I'm so sorry for your loss :frown:


----------



## DivaMamaBird (Mar 2, 2018)

Hello guys thank you all for your support. My poor tiels are taking it better than me, I did remove the nest box and started hormone control but the breeding is too strong for them, they are still mating and found another egg in their water, I had to put the nestbox back in the cage and put the egg in there, I wish they stop trying now. She will continue to lay the eggs everywhere. I wish I can stop it but it but it look like they will continue this pattern. Maybe one day but who knows. Thanks for all the help full advice.


----------



## roxy culver (May 27, 2010)

Have you tried 24 hours of light instead of the long nights?
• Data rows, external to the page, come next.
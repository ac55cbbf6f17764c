-- ===== src/Shell/Eval/History.antt =====
-- kernel/shell.h: the lines of the history.
use samos.Base.{
  ℕ, ◌<◌, ◌≤◌, ◌≡◌, refl, arith, if-cases, ltb, lt→ltb, Bool, true, false, List, [], ◌∷◌, ◌++◌,
  length, length-append, All, IsText,
}
use samos.Shell.{sh_cmd_max, sh_hist_max}
use samos.Shell.Eval.{
  Command, empty, help, cpu, mem, mode, res, setup, clear, reboot, unknown, run, save_history,
  saved, is_reboot,
}

-- A line of the shell: at most 79 characters, none of them a NUL.
abbrev pub IsLine : List ℕ → Type 0
IsLine line = IsText sh_cmd_max line

pub record IsHistory (hist : List (List ℕ)) : Type 0 where
  pub hist_fits : length hist ≤ sh_hist_max
  pub hist_lines : All IsLine hist

All-append :
    (hist : List (List ℕ)) (cmd : List ℕ)
    → All IsLine hist
    → IsLine cmd
    → All IsLine (hist ++ cmd ∷ [])
All-append [] cmd h l = (l, tt)
All-append (x ∷ hist) cmd h l = (h.0, All-append hist cmd h.1 l)

save_history-IsHistory :
    (hist : List (List ℕ)) (cmd : List ℕ)
    → IsHistory hist
    → IsLine cmd
    → IsHistory (save_history hist cmd)
unfolding save_history
save_history-IsHistory hist cmd h l =
    if-cases IsHistory (ltb (length hist) sh_hist_max)
      (λ e. record {
        hist_fits = let n = length-append hist (cmd ∷ []) in ground arith;
        hist_lines = All-append hist cmd h.hist_lines l;
      })
      (λ e. h)

pub saved-IsHistory :
    (c : Command) (hist : List (List ℕ)) (cmd : List ℕ)
    → IsHistory hist
    → IsLine cmd
    → IsHistory (saved c hist cmd)
unfolding saved
saved-IsHistory empty hist cmd h l = h
saved-IsHistory setup hist cmd h l = h
saved-IsHistory clear hist cmd h l = h
saved-IsHistory reboot hist cmd h l = h
saved-IsHistory help hist cmd h l = save_history-IsHistory hist cmd h l
saved-IsHistory cpu hist cmd h l = save_history-IsHistory hist cmd h l
saved-IsHistory mem hist cmd h l = save_history-IsHistory hist cmd h l
saved-IsHistory mode hist cmd h l = save_history-IsHistory hist cmd h l
saved-IsHistory res hist cmd h l = save_history-IsHistory hist cmd h l
saved-IsHistory unknown hist cmd h l = save_history-IsHistory hist cmd h l
saved-IsHistory (run args) hist cmd h l = save_history-IsHistory hist cmd h l

length-save_history :
    (hist : List (List ℕ)) (cmd : List ℕ) → length hist ≤ length (save_history hist cmd)
unfolding save_history
length-save_history hist cmd = ground (arith, length-append hist (cmd ∷ []))

pub length-saved :
    (c : Command) (hist : List (List ℕ)) (cmd : List ℕ) → length hist ≤ length (saved c hist cmd)
unfolding saved
length-saved empty hist cmd = omega arith
length-saved setup hist cmd = omega arith
length-saved clear hist cmd = omega arith
length-saved reboot hist cmd = omega arith
length-saved help hist cmd = length-save_history hist cmd
length-saved cpu hist cmd = length-save_history hist cmd
length-saved mem hist cmd = length-save_history hist cmd
length-saved mode hist cmd = length-save_history hist cmd
length-saved res hist cmd = length-save_history hist cmd
length-saved unknown hist cmd = length-save_history hist cmd
length-saved (run args) hist cmd = length-save_history hist cmd

-- The commands that are saved.
abbrev pub saves : Command → Bool
saves empty = false
saves setup = false
saves clear = false
saves reboot = false
saves other = true

pub saved-saves :
    (c : Command) (hist : List (List ℕ)) (cmd : List ℕ)
    → saves c ≡ true
    → (saved c hist cmd ≡ save_history hist cmd) × (is_reboot c ≡ false)
unfolding saved
saved-saves empty hist cmd h = cc
saved-saves setup hist cmd h = cc
saved-saves clear hist cmd h = cc
saved-saves reboot hist cmd h = cc
saved-saves help hist cmd h = (refl, refl)
saved-saves cpu hist cmd h = (refl, refl)
saved-saves mem hist cmd h = (refl, refl)
saved-saves mode hist cmd h = (refl, refl)
saved-saves res hist cmd h = (refl, refl)
saved-saves unknown hist cmd h = (refl, refl)
saved-saves (run args) hist cmd h = (refl, refl)

pub save_history-room :
    (hist : List (List ℕ)) (cmd : List ℕ)
    → length hist < sh_hist_max
    → save_history hist cmd ≡ hist ++ cmd ∷ []
unfolding save_history
save_history-room hist cmd h = rw (lt→ltb _ _ h)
It's supposed to work the same but work for birds that don't seem to respond to the long nights. It would take about two weeks to take effect. Can't hurt to try that instead.


----------



## DivaMamaBird (Mar 2, 2018)

Hi Roxy, no I have not tried the 24 light, will still try the dark though. So far she just laid the one egg this clutch, hopefully she is getting tired. It seems like it gives them something to do, they look like they both just like sleeping in the nest now. Sunny is still eating her mineral block and cuttlebone. So that's good.


----------